*** Provided records Section Begins ***

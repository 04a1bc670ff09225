-- ===== src/Usgs/Parser/Feed.antt =====
-- `parse_feed` against a description of each of its lists.
use sentinel_chain.Base.{
  ◌+◌, ◌≡◌, refl, ap, ◌∙◌, Option, none, some, List, [], ◌∷◌, ◌++◌, arith, length, length-append,
}
use mathlib.Core.List.{append-nil, append_assoc}
use sentinel_chain.Base.Result.{Result, ok, err, ◌>>=◌}
use sentinel_chain.Base.Runtime.{Runtime, StdError}
use sentinel_chain.Base.Json.{
  Json, null, bool, int, float, str, arr, obj, Items, nil, cons, Fields, get, count,
}
use sentinel_chain.Usgs.Parser.{
  UsgsEvent, FeatureParseError, ParseRaise, parse_error, std, not_an_object, parse_feature,
  Gathered, gather, visit, parse_features, parse_feed, or_std,
}

module _ (R : Runtime) where
  -- One item of the array on its own.
  abbrev pub parse_item : Json R.Float → Result (ParseRaise R.Float) (UsgsEvent R)
  parse_item (obj feature) = parse_feature R feature
  parse_item item =
      err (parse_error (record { message = not_an_object item; source_event_id = none }))

  abbrev pub event_of : Result (ParseRaise R.Float) (UsgsEvent R) → List (UsgsEvent R)
  event_of (ok e) = e ∷ []
  event_of (err e) = []

  abbrev pub error_of : Result (ParseRaise R.Float) (UsgsEvent R) → List (FeatureParseError R.Float)
  error_of (err (parse_error e)) = e ∷ []
  error_of _ = []

  abbrev pub abort_of :
      Result (ParseRaise R.Float) (UsgsEvent R) → Option StdError → Option StdError
  abort_of (err (std e)) rest = some e
  abort_of _ rest = rest

  -- The events of the items that parse, the errors of those that do not, and the first error
  -- of another kind.
  unfoldable pub parsed : Items R.Float → List (UsgsEvent R)
  parsed nil = []
  parsed (cons x xs) = event_of (parse_item x) ++ parsed xs

  unfoldable pub rejected : Items R.Float → List (FeatureParseError R.Float)
  rejected nil = []
  rejected (cons x xs) = error_of (parse_item x) ++ rejected xs

  unfoldable pub aborted : Items R.Float → Option StdError
  aborted nil = none
  aborted (cons x xs) = abort_of (parse_item x) (aborted xs)

  visit-parse_item :
      (x : Json R.Float) (acc : Gathered R) → visit R x acc ≡ gather R (parse_item x) acc
  unfolding visit
  visit-parse_item (obj fs) acc = refl
  visit-parse_item null acc = refl
  visit-parse_item (bool b) acc = refl
  visit-parse_item (int n) acc = refl
  visit-parse_item (float x) acc = refl
  visit-parse_item (str s) acc = refl
  visit-parse_item (arr xs) acc = refl

  abbrev pub described : Option StdError → Gathered R → Result StdError (Gathered R)
  described none acc = ok acc
  described (some e) acc = err e

  parse_features-described :
      (xs : Items R.Float) (events : List (UsgsEvent R)) (errors : List (FeatureParseError R.Float))
      → parse_features R xs (events, errors)
        ≡ described (aborted xs) (events ++ parsed xs, errors ++ rejected xs)
  unfolding parse_features parsed rejected aborted
  parse_features-described nil events errors = simp append-nil
  parse_features-described (cons x xs) events errors =
      rw (visit-parse_item x (events, errors))
        (step (parse_item x) (λ es rs. parse_features-described xs es rs))
    where
      step :
          (r : Result (ParseRaise R.Float) (UsgsEvent R))
          → ((es : List (UsgsEvent R)) (rs : List (FeatureParseError R.Float))
              → parse_features R xs (es, rs)
                ≡ described (aborted xs) (es ++ parsed xs, rs ++ rejected xs))
          → (gather R r (events, errors) >>= λ acc'. parse_features R xs acc')
            ≡ described
                (abort_of r (aborted xs))
                (events ++ (event_of r ++ parsed xs), errors ++ (error_of r ++ rejected xs))
      step (ok e) ih = ih (events ++ e ∷ []) errors ∙ simp append_assoc
      step (err (parse_error e)) ih = ih events (errors ++ e ∷ []) ∙ simp append_assoc
      step (err (std e)) ih = refl

  -- `parse_feed` of a payload with a `features` array returns the events of the features that
  -- parse and the errors of those that raise `FeatureParseError`, each in the order of the array,
  -- unless some feature raises another error: then the whole feed raises the first of those.
  pub parse_feed-described :
      (payload : Fields R.Float) (features : Items R.Float)
      → get "features" payload ≡ arr features
      → parse_feed R payload
        ≡ or_std (described (aborted features) (parsed features, rejected features))
  unfolding parse_feed
  parse_feed-described payload features h =
      rw (h, parse_feed) (ap or_std (parse_features-described features [] []))

  count_item :
      (x : Json R.Float) (xs : Items R.Float)
      → aborted (cons x xs) ≡ none
      → length (event_of (parse_item x)) + length (error_of (parse_item x)) ≡ 1
  unfolding aborted
  count_item x xs h = one (parse_item x) h
    where
      one :
          (r : Result (ParseRaise R.Float) (UsgsEvent R))
          → abort_of r (aborted xs) ≡ none
          → length (event_of r) + length (error_of r) ≡ 1
      one (ok e) h = omega arith
      one (err (parse_error e)) h = omega arith
      one (err (std e)) h = absurd (cc h)

  rest_aborted :
      (x : Json R.Float) (xs : Items R.Float) → aborted (cons x xs) ≡ none → aborted xs ≡ none
  unfolding aborted
  rest_aborted x xs h = ground arith

  -- A feed that no other error ends accounts for every item of its array: as an event or as an
  -- error.
  pub parsed-rejected-count :
      (features : Items R.Float)
      → aborted features ≡ none
      → length (parsed features) + length (rejected features) ≡ count features
  unfolding parsed rejected
  parsed-rejected-count nil h = omega arith
  parsed-rejected-count (cons x xs) h = omega (
    arith,
    count_item x xs h,
    parsed-rejected-count xs (rest_aborted x xs h),
    length-append (event_of (parse_item x)) (parsed xs),
    length-append (error_of (parse_item x)) (rejected xs),
  )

*** Provided records Section Ends ***

Set down only the lines from the line with "one (ok e) h = omega arith" through the last line of the data above, keeping both the first and the last.

**Solution to this problem**
      one (ok e) h = omega arith
      one (err (parse_error e)) h = omega arith
      one (err (std e)) h = absurd (cc h)

  rest_aborted :
      (x : Json R.Float) (xs : Items R.Float) → aborted (cons x xs) ≡ none → aborted xs ≡ none
  unfolding aborted
  rest_aborted x xs h = ground arith

  -- A feed that no other error ends accounts for every item of its array: as an event or as an
  -- error.
  pub parsed-rejected-count :
      (features : Items R.Float)
      → aborted features ≡ none
      → length (parsed features) + length (rejected features) ≡ count features
  unfolding parsed rejected
  parsed-rejected-count nil h = omega arith
  parsed-rejected-count (cons x xs) h = omega (
    arith,
    count_item x xs h,
    parsed-rejected-count xs (rest_aborted x xs h),
    length-append (event_of (parse_item x)) (parsed xs),
    length-append (error_of (parse_item x)) (rejected xs),
  )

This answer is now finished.